>>>>

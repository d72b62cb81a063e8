-- ===== src/Heap/Break.antt =====
-- What `brk` and `sbrk` of kern/sysfunc.c make of the end of the heap.
use mathlib.Core.Path.{subst}
use wei_os.Common.{
  sym, ap, inl, inr, Bool-cases, leb, refl, ◌/◌, ◌+◌, false, ap, ℕ, zero, suc, ◌+◌, ◌-◌, ◌*◌, ◌/◌,
  ◌%◌, ◌^◌, ◌<◌, ◌≤◌, ◌≡◌, ◌≢◌, ◌⊎◌, inl, inr, refl, sym, false, ◌∷◌, ltb, leb, if◌then◌else◌,
  arith, Bool-cases,
}
use wei_os.Heap.{Heap, pgsize, heaptop, rounddown, roundup, remove_down, brk, sbrk, grow, shrink}

-- The heap ends at a page boundary, not below the program and not above HEAPTOP.
pub record IsValid (p : Heap) : Type 0 where
  pub aligned : p.heap_ptr % pgsize ≡ 0
  pub low : roundup p.base_mem_sz ≤ p.heap_ptr
  pub high : p.heap_ptr ≤ heaptop

remove_down_lem :
    (k : ℕ) (p : Heap)
    → k * pgsize ≤ p.heap_ptr
    → ((remove_down k p).heap_ptr ≡ p.heap_ptr - k * pgsize)
      × ((remove_down k p).base_mem_sz ≡ p.base_mem_sz)
unfolding remove_down
remove_down_lem zero p h = (omega arith, refl)
remove_down_lem (suc k) p h =
    let (end, same) =
      remove_down_lem k
        (record p { heap_ptr = p.heap_ptr - pgsize; removed = (p.heap_ptr - pgsize) ∷ p.removed })
        (omega arith) in
    (omega arith, same)

-- What `brk` gives is well formed, and ends where it was asked to.
abbrev Reaches : ℕ → Heap → ℕ × Heap → Type 0
Reaches b p r =
    IsValid r.1
    × ((r.0 ≡ 1) ⊎ (r.1.heap_ptr ≡ (if ltb p.heap_ptr b then roundup b else rounddown b)))

brk_down : (b : ℕ) (p : Heap) → ltb p.heap_ptr b ≡ false → IsValid p → Reaches b p (brk b p)
unfolding brk
brk_down b p below v = elim (Bool-cases (ltb b p.heap_ptr)) [
  | inr same ↦
      let aligned = v.aligned in
      let run : brk b p ≡ (0, p) = ground arith in
      let end : p.heap_ptr ≡ rounddown b = ground arith in
      subst (Reaches b p) (sym run) (v, inr (ground arith))
  | inl under ↦ elim (Bool-cases (ltb (rounddown b) (roundup p.base_mem_sz))) [
    | inl low ↦
        let run : brk b p ≡ (1, p) = ground arith in subst (Reaches b p) (sym run) (v, inl refl)
    | inr fits ↦
        let aligned = v.aligned in
        let high = v.high in
        let k = (p.heap_ptr - rounddown b + (pgsize - 1)) / pgsize in
        let run : brk b p ≡ (0, remove_down k p) = ground arith in
        let (end, same) = remove_down_lem k p (ground arith) in
        let there : (remove_down k p).heap_ptr ≡ rounddown b = ground arith in
        let base = ap roundup same in
        subst (Reaches b p) (sym run) (
          record { aligned = ground arith; low = ground arith; high = ground arith },
          inr (ground arith),
        )
  ]
]

-- `brk` of an address that does not lie in the last page of the address space keeps the heap well
-- formed, and when it returns 0 the heap ends at that address, rounded up when it grows and down
-- when it shrinks.
pub brk-IsValid :
    (b : ℕ) (p : Heap)
    → b + pgsize ≤ 2 ^ 32
    → IsValid p
    → IsValid (brk b p).1
      × (((brk b p).0 ≡ 1)
          ⊎ ((brk b p).1.heap_ptr ≡ (if ltb p.heap_ptr b then roundup b else rounddown b)))
unfolding brk
brk-IsValid b p h v = elim (Bool-cases (ltb p.heap_ptr b)) [
  | inl above ↦ elim (Bool-cases (leb (roundup b) heaptop)) [
    | inl fits ↦
        let low = v.low in
        let run : brk b p ≡ (0, record p { heap_ptr = roundup b }) = ground arith in
        subst (Reaches b p) (sym run) (
          record { aligned = omega arith; low = ground arith; high = ground arith },
          inr (ground arith),
        )
    | inr over ↦
        let run : brk b p ≡ (1, p) = ground arith in subst (Reaches b p) (sym run) (v, inl refl)
  ]
  | inr below ↦ brk_down b p below v
]

-- `brk` of an address in the last page of the address space, page boundary excluded, succeeds and
-- sets the end of the heap to 0.
pub brk_wraps :
    (b : ℕ) (p : Heap)
    → 2 ^ 32 < b + pgsize
    → b < 2 ^ 32
    → IsValid p
    → ((brk b p).0 ≡ 0) × ((brk b p).1.heap_ptr ≡ 0)
unfolding brk
brk_wraps b p h g v = let high = v.high in ground arith

-- After `sbrk` has granted an area that ends at an address, `sbrk 0` gives another address as the end
-- of the heap, when the heap was not at 0: `sbrk` adds the end to the old end.
pub sbrk-sbrk_zero :
    (n : ℕ) (p : Heap)
    → 0 < n
    → n < 2 ^ 31
    → 0 < p.heap_ptr
    → p.heap_ptr < 2 ^ 32
    → (sbrk n p).0 ≢ 0
    → (sbrk 0 (sbrk n p).1).0 ≢ (sbrk n p).0
unfolding sbrk grow
sbrk-sbrk_zero n p h g low high ok = ground arith

-- `sbrk` of `-k` moves the end of the heap down by 2 ^ 31 + 1 - k bytes and not by `k`, or fails.
pub sbrk_negative :
    (k : ℕ) (p : Heap)
    → 2 < k
    → k < 2 ^ 30
    → p.heap_ptr < 2 ^ 32
    → ((sbrk (2 ^ 32 - k) p).0 ≡ 0)
      ⊎ ((sbrk (2 ^ 32 - k) p).1.heap_ptr
          ≡ rounddown ((p.heap_ptr + 2 ^ 32 - (2 ^ 31 + 1 - k)) % 2 ^ 32))
unfolding sbrk shrink
sbrk_negative k p h g i = ground arith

<<<<

◆ **Problem requirements**
Print the entries once more, identical in every line.

◆ **Reply to the task**
repository d72b62cb81a063e8
-- ===== src/Heap/Break.antt =====
-- What `brk` and `sbrk` of kern/sysfunc.c make of the end of the heap.
use mathlib.Core.Path.{subst}
use wei_os.Common.{
  sym, ap, inl, inr, Bool-cases, leb, refl, ◌/◌, ◌+◌, false, ap, ℕ, zero, suc, ◌+◌, ◌-◌, ◌*◌, ◌/◌,
  ◌%◌, ◌^◌, ◌<◌, ◌≤◌, ◌≡◌, ◌≢◌, ◌⊎◌, inl, inr, refl, sym, false, ◌∷◌, ltb, leb, if◌then◌else◌,
  arith, Bool-cases,
}
use wei_os.Heap.{Heap, pgsize, heaptop, rounddown, roundup, remove_down, brk, sbrk, grow, shrink}

-- The heap ends at a page boundary, not below the program and not above HEAPTOP.
pub record IsValid (p : Heap) : Type 0 where
  pub aligned : p.heap_ptr % pgsize ≡ 0
  pub low : roundup p.base_mem_sz ≤ p.heap_ptr
  pub high : p.heap_ptr ≤ heaptop

remove_down_lem :
    (k : ℕ) (p : Heap)
    → k * pgsize ≤ p.heap_ptr
    → ((remove_down k p).heap_ptr ≡ p.heap_ptr - k * pgsize)
      × ((remove_down k p).base_mem_sz ≡ p.base_mem_sz)
unfolding remove_down
remove_down_lem zero p h = (omega arith, refl)
remove_down_lem (suc k) p h =
    let (end, same) =
      remove_down_lem k
        (record p { heap_ptr = p.heap_ptr - pgsize; removed = (p.heap_ptr - pgsize) ∷ p.removed })
        (omega arith) in
    (omega arith, same)

-- What `brk` gives is well formed, and ends where it was asked to.
abbrev Reaches : ℕ → Heap → ℕ × Heap → Type 0
Reaches b p r =
    IsValid r.1
    × ((r.0 ≡ 1) ⊎ (r.1.heap_ptr ≡ (if ltb p.heap_ptr b then roundup b else rounddown b)))

brk_down : (b : ℕ) (p : Heap) → ltb p.heap_ptr b ≡ false → IsValid p → Reaches b p (brk b p)
unfolding brk
brk_down b p below v = elim (Bool-cases (ltb b p.heap_ptr)) [
  | inr same ↦
      let aligned = v.aligned in
      let run : brk b p ≡ (0, p) = ground arith in
      let end : p.heap_ptr ≡ rounddown b = ground arith in
      subst (Reaches b p) (sym run) (v, inr (ground arith))
  | inl under ↦ elim (Bool-cases (ltb (rounddown b) (roundup p.base_mem_sz))) [
    | inl low ↦
        let run : brk b p ≡ (1, p) = ground arith in subst (Reaches b p) (sym run) (v, inl refl)
    | inr fits ↦
        let aligned = v.aligned in
        let high = v.high in
        let k = (p.heap_ptr - rounddown b + (pgsize - 1)) / pgsize in
        let run : brk b p ≡ (0, remove_down k p) = ground arith in
        let (end, same) = remove_down_lem k p (ground arith) in
        let there : (remove_down k p).heap_ptr ≡ rounddown b = ground arith in
        let base = ap roundup same in
        subst (Reaches b p) (sym run) (
          record { aligned = ground arith; low = ground arith; high = ground arith },
          inr (ground arith),
        )
  ]
]

-- `brk` of an address that does not lie in the last page of the address space keeps the heap well
-- formed, and when it returns 0 the heap ends at that address, rounded up when it grows and down
-- when it shrinks.
pub brk-IsValid :
    (b : ℕ) (p : Heap)
    → b + pgsize ≤ 2 ^ 32
    → IsValid p
    → IsValid (brk b p).1
      × (((brk b p).0 ≡ 1)
          ⊎ ((brk b p).1.heap_ptr ≡ (if ltb p.heap_ptr b then roundup b else rounddown b)))
unfolding brk
brk-IsValid b p h v = elim (Bool-cases (ltb p.heap_ptr b)) [
  | inl above ↦ elim (Bool-cases (leb (roundup b) heaptop)) [
    | inl fits ↦
        let low = v.low in
        let run : brk b p ≡ (0, record p { heap_ptr = roundup b }) = ground arith in
        subst (Reaches b p) (sym run) (
          record { aligned = omega arith; low = ground arith; high = ground arith },
          inr (ground arith),
        )
    | inr over ↦
        let run : brk b p ≡ (1, p) = ground arith in subst (Reaches b p) (sym run) (v, inl refl)
  ]
  | inr below ↦ brk_down b p below v
]

-- `brk` of an address in the last page of the address space, page boundary excluded, succeeds and
-- sets the end of the heap to 0.
pub brk_wraps :
    (b : ℕ) (p : Heap)
    → 2 ^ 32 < b + pgsize
    → b < 2 ^ 32
    → IsValid p
    → ((brk b p).0 ≡ 0) × ((brk b p).1.heap_ptr ≡ 0)
unfolding brk
brk_wraps b p h g v = let high = v.high in ground arith

-- After `sbrk` has granted an area that ends at an address, `sbrk 0` gives another address as the end
-- of the heap, when the heap was not at 0: `sbrk` adds the end to the old end.
pub sbrk-sbrk_zero :
    (n : ℕ) (p : Heap)
    → 0 < n
    → n < 2 ^ 31
    → 0 < p.heap_ptr
    → p.heap_ptr < 2 ^ 32
    → (sbrk n p).0 ≢ 0
    → (sbrk 0 (sbrk n p).1).0 ≢ (sbrk n p).0
unfolding sbrk grow
sbrk-sbrk_zero n p h g low high ok = ground arith

-- `sbrk` of `-k` moves the end of the heap down by 2 ^ 31 + 1 - k bytes and not by `k`, or fails.
pub sbrk_negative :
    (k : ℕ) (p : Heap)
    → 2 < k
    → k < 2 ^ 30
    → p.heap_ptr < 2 ^ 32
    → ((sbrk (2 ^ 32 - k) p).0 ≡ 0)
      ⊎ ((sbrk (2 ^ 32 - k) p).1.heap_ptr
          ≡ rounddown ((p.heap_ptr + 2 ^ 32 - (2 ^ 31 + 1 - k)) % 2 ^ 32))
unfolding sbrk shrink
sbrk_negative k p h g i = ground arith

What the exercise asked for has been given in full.